Task description: Every line in the data below that includes "enable" belongs in the answer, copied as it stands.

The data:
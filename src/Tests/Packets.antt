-- ===== src/Tests/Packets.antt =====
-- Whole packets of the web pages, with a concrete layout of the objects.
pub mod Guarded
pub mod Login
use itertk.Base.{
  ℕ, ◌+◌, ◌*◌, ◌/◌, ◌%◌, ◌≡◌, refl, Bool, Bool-cases, inl, inr, ◌==◌, if◌then◌else◌, true, false,
  none, some, List, [], ◌∷◌, ◌++◌, arith, length, take, drop, replicate, get_or, codes,
  take-append-drop,
}
use itertk.Conf.{ConfigServer, ConfigLimit, UsrInfo}
use itertk.Conf.Users.{CmdCode, code_number, get_usr_id, sys_usr_login}
use itertk.Conf.Defaults.{config_makedefault}
use itertk.Wire.{Step, After, Poll}
use itertk.Wire.Packet.{Itsip, ItsCmd, Layout, Abi, its_ack, its_id, itsip_pack, c_string, NoNul}
use itertk.Web.{Web, Board, result_head, allowed}
use itertk.Web.Command.{web_svr_proc, web_cmd_proc}
use itertk.Web.Store.{Key, SetDone, set_command, set_command-SetDone}
use itertk.Web.Effects.{Arrives, after_head, server_set_leftover}
use itertk.Web.Rights.{Denied, conf_set_without_right}
use itertk.Web.Table.{Round, web_init, web_run}
use itertk.Web.Table.Served.{IsServed, Holds, web_run-IsServed}
use itertk.Itslib.{Page, Dial, Result, put_string, packed, with_user}
use itertk.Itslib.Users.{with_password, user_login}
use itertk.Itslib.Login.{Answers, user_login_verdict}
use itertk.Wire.Send.{from_object, max_length}
use itertk.Tests.{demo, demo_conf}
use itertk.Tests.Wires.{burst, burst-Serves, demo_conn}

-- The head as it lies in memory, the extension's length with its low byte first.
abbrev pub head_layout : Layout Itsip
head_layout = record {
  size = 56;
  store = λ h.
      h.itsip_head
      ∷ h.itsip_cmd
      ∷ h.itsip_ver
      ∷ h.itsip_thl
      ∷ (h.itsip_extlen % 256)
      ∷ (h.itsip_extlen / 256)
      ∷ h.itsip_dev_t
      ∷ h.itsip_rsvd
      ∷ (h.itsip_user ++ h.itsip_data);
  load = λ l. record {
    itsip_head = get_or l 0 0;
    itsip_cmd = get_or l 1 0;
    itsip_ver = get_or l 2 0;
    itsip_thl = get_or l 3 0;
    itsip_extlen = get_or l 4 0 + 256 * get_or l 5 0;
    itsip_dev_t = get_or l 6 0;
    itsip_rsvd = get_or l 7 0;
    itsip_user = take 24 (drop 8 l);
    itsip_data = drop 32 l;
  };
}

-- Four bytes of address and two of the port, low byte first, and the name up to its first byte.
abbrev pub server_layout : Layout ConfigServer
server_layout = record {
  size = 8;
  store = λ v.
      v.server_ip % 256
      ∷ (v.server_ip / 0x100 % 256)
      ∷ (v.server_ip / 0x10000 % 256)
      ∷ (v.server_ip / 0x1000000 % 256)
      ∷ (v.server_port % 256)
      ∷ (v.server_port / 256)
      ∷ get_or v.dns_str 0 0
      ∷ 0
      ∷ [];
  load = λ l. record {
    server_ip =
        get_or l 0 0 + 0x100 * get_or l 1 0 + 0x10000 * get_or l 2 0 + 0x1000000 * get_or l 3 0;
    server_port = get_or l 4 0 + 256 * get_or l 5 0;
    dns_str = get_or l 6 0 ∷ [];
  };
}

-- a layout that keeps nothing of an object
abbrev blank : {A : Type 0} → ℕ → A → Layout A
blank n a = record { size = n; store = λ _. replicate n 0; load = λ _. a }

abbrev pub demo_abi : Abi
demo_abi = record {
  head = head_layout;
  sys = blank 4 demo_conf.con_sys;
  net = blank 4 demo_conf.con_net;
  vlan = record {
    size = 2;
    store = λ v. v.enable ∷ v.id ∷ [];
    load = λ l. record { enable = get_or l 0 0; id = get_or l 1 0 };
  };
  port = blank 4 (record {
    id = 1;
    bps = 9600;
    sbit = 1;
    dbit = 8;
    chk = 3;
    bctrl = 0;
    rts = 0;
    dtr = 0;
    all = 0;
    type = 0;
    isloop = 0;
    rsvd = [];
    alive = 0;
  });
  mode = blank 4 (record {
    id = 1;
    mode = 0;
    tcp_mode = 0;
    cr = 0;
    lf = 0;
    is_null = 0;
    attestation = 0;
    att = 0;
    reg = 0;
    session = [];
  });
  limit = blank 4 (record { id = 1; enable = 0; read = []; modify = [] });
  gpio = blank 4 demo_conf.con_gpio;
  server = server_layout;
  users = blank 4 demo_conf.con_usr;
  extdat = blank 4 (record { name0 = []; passwd0 = []; name1 = []; passwd1 = [] });
}

-- a head of which only its command is set
abbrev pub demo_head : ℕ → Itsip
demo_head cmd = record {
  itsip_head = 0xff;
  itsip_cmd = cmd;
  itsip_ver = 1;
  itsip_thl = 8;
  itsip_extlen = 0;
  itsip_dev_t = 0;
  itsip_rsvd = 0;
  itsip_user = replicate 24 0;
  itsip_data = replicate 24 0;
}

abbrev pub demo_board : Board
demo_board = record {
  abi = demo_abi;
  memory = λ k. 0xff;
  program_version = codes "v4.00";
  sensor = none;
  uninit_head = demo_head 0;
  uninit_chars = replicate 30 0;
  uninit_server = record { server_ip = 0; server_port = 0; dns_str = [] };
  uninit_extdat = replicate 4 0;
}

-- 10.1.2.3, port 9000
abbrev pub demo_payload : List ℕ
demo_payload = 3 ∷ 2 ∷ 1 ∷ 10 ∷ 40 ∷ 35 ∷ 0 ∷ 0 ∷ []

abbrev pub set_bytes : List ℕ
set_bytes = head_layout.store (demo_head 0xc6)

abbrev pub demo_web : List ℕ → Web
demo_web rest = record {
  client = demo;
  conn =
      demo_conn (set_bytes ++ (demo_payload ++ rest))
        (burst 56 ∷ burst 8 ∷ burst 56 ∷ burst 56 ∷ []);
  net_set = [];
}

set_command-SetDone_example :
    After
      (SetDone demo_board Key.vlan (demo_web []))
      (set_command demo_board Key.vlan (demo_web []))
set_command-SetDone_example = set_command-SetDone demo_board Key.vlan (demo_web [])

-- the answer SERVER_SET_OK
abbrev set_answer : List ℕ
unfolding result_head its_ack its_id itsip_pack code_number
set_answer =
    head_layout.store
      (result_head ItsCmd.server_set 0 (code_number CmdCode.server_set_ok) (demo_head 0))

set_arrives :
    (rest : List ℕ)
    → Arrives demo_board
        (demo_web rest)
        ItsCmd.server_set
        CmdCode.server_set_ok
        set_bytes
        demo_payload
        rest
unfolding result_head its_ack its_id itsip_pack code_number
set_arrives rest = record {
  live = refl;
  inbox = refl;
  head_size = refl;
  head_pos = omega arith;
  magic = refl;
  id = refl;
  payload_pos = omega arith;
  answer = set_answer;
  answer_is = refl;
  answer_pos = omega arith;
  first = burst 56;
  second = burst 8;
  third = burst 56;
  later = burst 56 ∷ [];
  calls = refl;
  takes_head = burst-Serves 56;
  takes_payload = burst-Serves 8;
  sends = burst-Serves 56;
}

-- what lies behind the object in the page's memory
abbrev pub leftover : List ℕ
leftover = drop 8 (from_object demo_payload (λ k. 0xff))

pub leftover_whole : demo_payload ++ leftover ≡ from_object demo_payload (λ k. 0xff)
unfolding from_object
leftover_whole = take-append-drop 8 (from_object demo_payload (λ k. 0xff))

server_set_leftover_example :
    (w' : Web) × (web_svr_proc demo_board (demo_web leftover) ≡ Step.done (tt, w'))
    × (8 + length w'.conn.inbox ≡ max_length)
    × (web_svr_proc demo_board w'
        ≡ web_cmd_proc demo_board
            (head_layout.load (take 56 w'.conn.inbox))
            (after_head w' (drop 56 w'.conn.inbox) []))
unfolding set_arrives
server_set_leftover_example =
    server_set_leftover demo_board (demo_web leftover) set_bytes demo_payload leftover (λ k. 0xff)
      (burst 56) [] (set_arrives leftover) refl leftover_whole refl (omega arith) (omega arith)
      (burst-Serves 56)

Written answer:
    store = λ v. v.enable ∷ v.id ∷ [];
    load = λ l. record { enable = get_or l 0 0; id = get_or l 1 0 };
  limit = blank 4 (record { id = 1; enable = 0; read = []; modify = [] });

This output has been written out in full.